Any OpenAI-compatible client works — just set the base URL to http://localhost:12000 and use any model name from your config. You don’t even need a real API key on the client side; Plano injects the correct key from your .env before forwarding to the upstream.

Logs and debugging

Plano logs are stored in ~/.plano/run/logs/:

brightstaff.log    # control plane logs (routing decisions, retry attempts)
envoy.log          # Envoy data plane logs
access_llm.log     # HTTP access log for all LLM requests

Key log patterns to look for:

# Routing decision
plano-orchestrator determined routes ... response_time_ms=XXX

# Failover in action
Retriable error detected: provider=custom/claude-opus-4-6, status_code=429
Retry initiated: target_model=custom-aws/claude-opus-4-6

# Retry success
metric.retry_success: model=custom-offcial/claude-opus-4-6, total_attempts=3

Connecting AI agents

Since Plano exposes a standard OpenAI-compatible API, any agent that supports a custom base URL can connect directly.

For Hermes Agent, OpenClaw, Claude Code, or similar tools, just configure:

  • Base URL: http://localhost:12000/v1
  • API Key: any key from your .env (e.g. the value of CLAUDE_API_KEY). Plano ignores the client-side key and injects the correct one per provider, but most clients require a non-empty key to function.
  • Model: any model name from your config (e.g. custom/claude-opus-4-6). If smart routing is configured, this model is ignored — Plano automatically routes to the appropriate model based on task complexity.
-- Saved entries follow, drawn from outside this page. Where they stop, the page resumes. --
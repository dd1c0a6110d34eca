-- ===== src/PubExit.antt =====
-- client/pubexit_proto.go: the data channel of public exits and the rewriting of IPv4 packets.
-- Words wrap as uint16 and uint32 do; the AEADs of the two directions are parameters.
pub mod Channel
pub mod Packet
pub mod Checksum
pub mod Rewrite
pub mod Source
pub mod Valid
mod Tests
use apgo.Prelude.{
  ℕ, zero, suc, ◌+◌, ◌-◌, ◌*◌, ◌/◌, ◌%◌, ◌^◌, Bool, true, false, not, ◌&&◌, ◌||◌, List, [], ◌∷◌,
  ◌++◌, Option, none, some, ltb, leb, ◌==◌, if◌then◌else◌, length, take, drop, get_or,
}
use apgo.Prelude.Text.{Text, text_eq, be_value, put_be}
use apgo.E2e.{E2eWindow, window_ok, window_mark, no_window}

abbrev pub pkt_pub_exit : ℕ
pkt_pub_exit = 32

abbrev pub px_data : ℕ
px_data = 4

abbrev pub px_hdr_len : ℕ
px_hdr_len = 2 + 4 + 8

pub data PxError : Type 0 where
  px_short : PxError
  px_auth : PxError
  px_replayed : PxError

-- One end of a session; the two ciphers are parameters.
pub record PxChannel : Type 0 where
  pub sid : ℕ
  pub send_ctr : ℕ
  pub win : E2eWindow

abbrev pub new_channel : ℕ → PxChannel
new_channel sid = record { sid = sid; send_ctr = 0; win = no_window }

pub data PxOpened : Type 0 where
  px_opened : ℕ → Text → PxOpened
  px_refused : PxError → PxOpened

unfoldable pub px_header : ℕ → ℕ → Text
px_header sid ctr = pkt_pub_exit ∷ px_data ∷ (put_be 4 sid ++ put_be 8 ctr)

-- `seal`; the cipher seals a plaintext at a counter with the header.
unfoldable pub px_seal : (ℕ → Text → Text → Text) → ℕ → Text → PxChannel → PxChannel × Text
px_seal cipher kind body c =
    let ctr = (c.send_ctr + 1) % 2 ^ 64 in
    let hdr = px_header c.sid ctr in
    (record c { send_ctr = ctr }, hdr ++ cipher ctr hdr (kind ∷ body))

-- The second look at the window, after the packet authenticated.
unfoldable pub px_accept : ℕ → ℕ → Text → PxChannel → PxChannel × PxOpened
px_accept ctr kind body c =
    if window_ok c.win ctr
    then (record c { win = window_mark c.win ctr }, px_opened kind body)
    else (c, px_refused px_replayed)

unfoldable pub px_read : ℕ → Option Text → PxChannel → PxChannel × PxOpened
px_read ctr none c = (c, px_refused px_auth)
px_read ctr (some []) c = (c, px_refused px_auth)
px_read ctr (some (kind ∷ body)) c = px_accept ctr kind body c

abbrev pub px_ctr : Text → ℕ
px_ctr dgram = be_value (take 8 (drop 6 dgram)) 0

-- `open`; the cipher opens at a counter with the header.
unfoldable pub px_open : (ℕ → Text → Text → Option Text) → Text → PxChannel → PxChannel × PxOpened
px_open cipher dgram c =
    if ltb (length dgram) (px_hdr_len + 1 + 16)
    then (c, px_refused px_short)
    else if not (window_ok c.win (px_ctr dgram))
    then (c, px_refused px_replayed)
    else px_read (px_ctr dgram)
        (cipher (px_ctr dgram) (take px_hdr_len dgram) (drop px_hdr_len dgram)) c

unfoldable pub px_session_id : Text → Option ℕ
px_session_id dgram =
    if ltb (length dgram) 6 then none else some (be_value (take 4 (drop 2 dgram)) 0)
If smart routing is not configured, this is the model that gets called, but failover is still supported.

For example, in a typical agent config:

 1
 2
 3
 4
 5
 6
 7
 8
 9
10
# Hermes Agent config.yaml
providers:
  - name: plano
    kind: openai
    api_key: sk-any...-env
    base_url: http://localhost:12000/v1

models:
  - name: custom/claude-opus-4-6
    provider: plano

Summary

This setup gives you a single http://localhost:12000 endpoint that:

  1. Automatically picks the best model for each prompt based on intent
  2. Falls back to alternative provider channels if the primary one fails
  3. Retries on rate-limits and server errors with exponential backoff
  4. Strips provider prefixes so the upstream API receives clean model names
  5. Works with any OpenAI-compatible client — no code changes needed

The recommended config above is what I use daily. Adjust the model names, API keys, and base_url to match your own provider setup.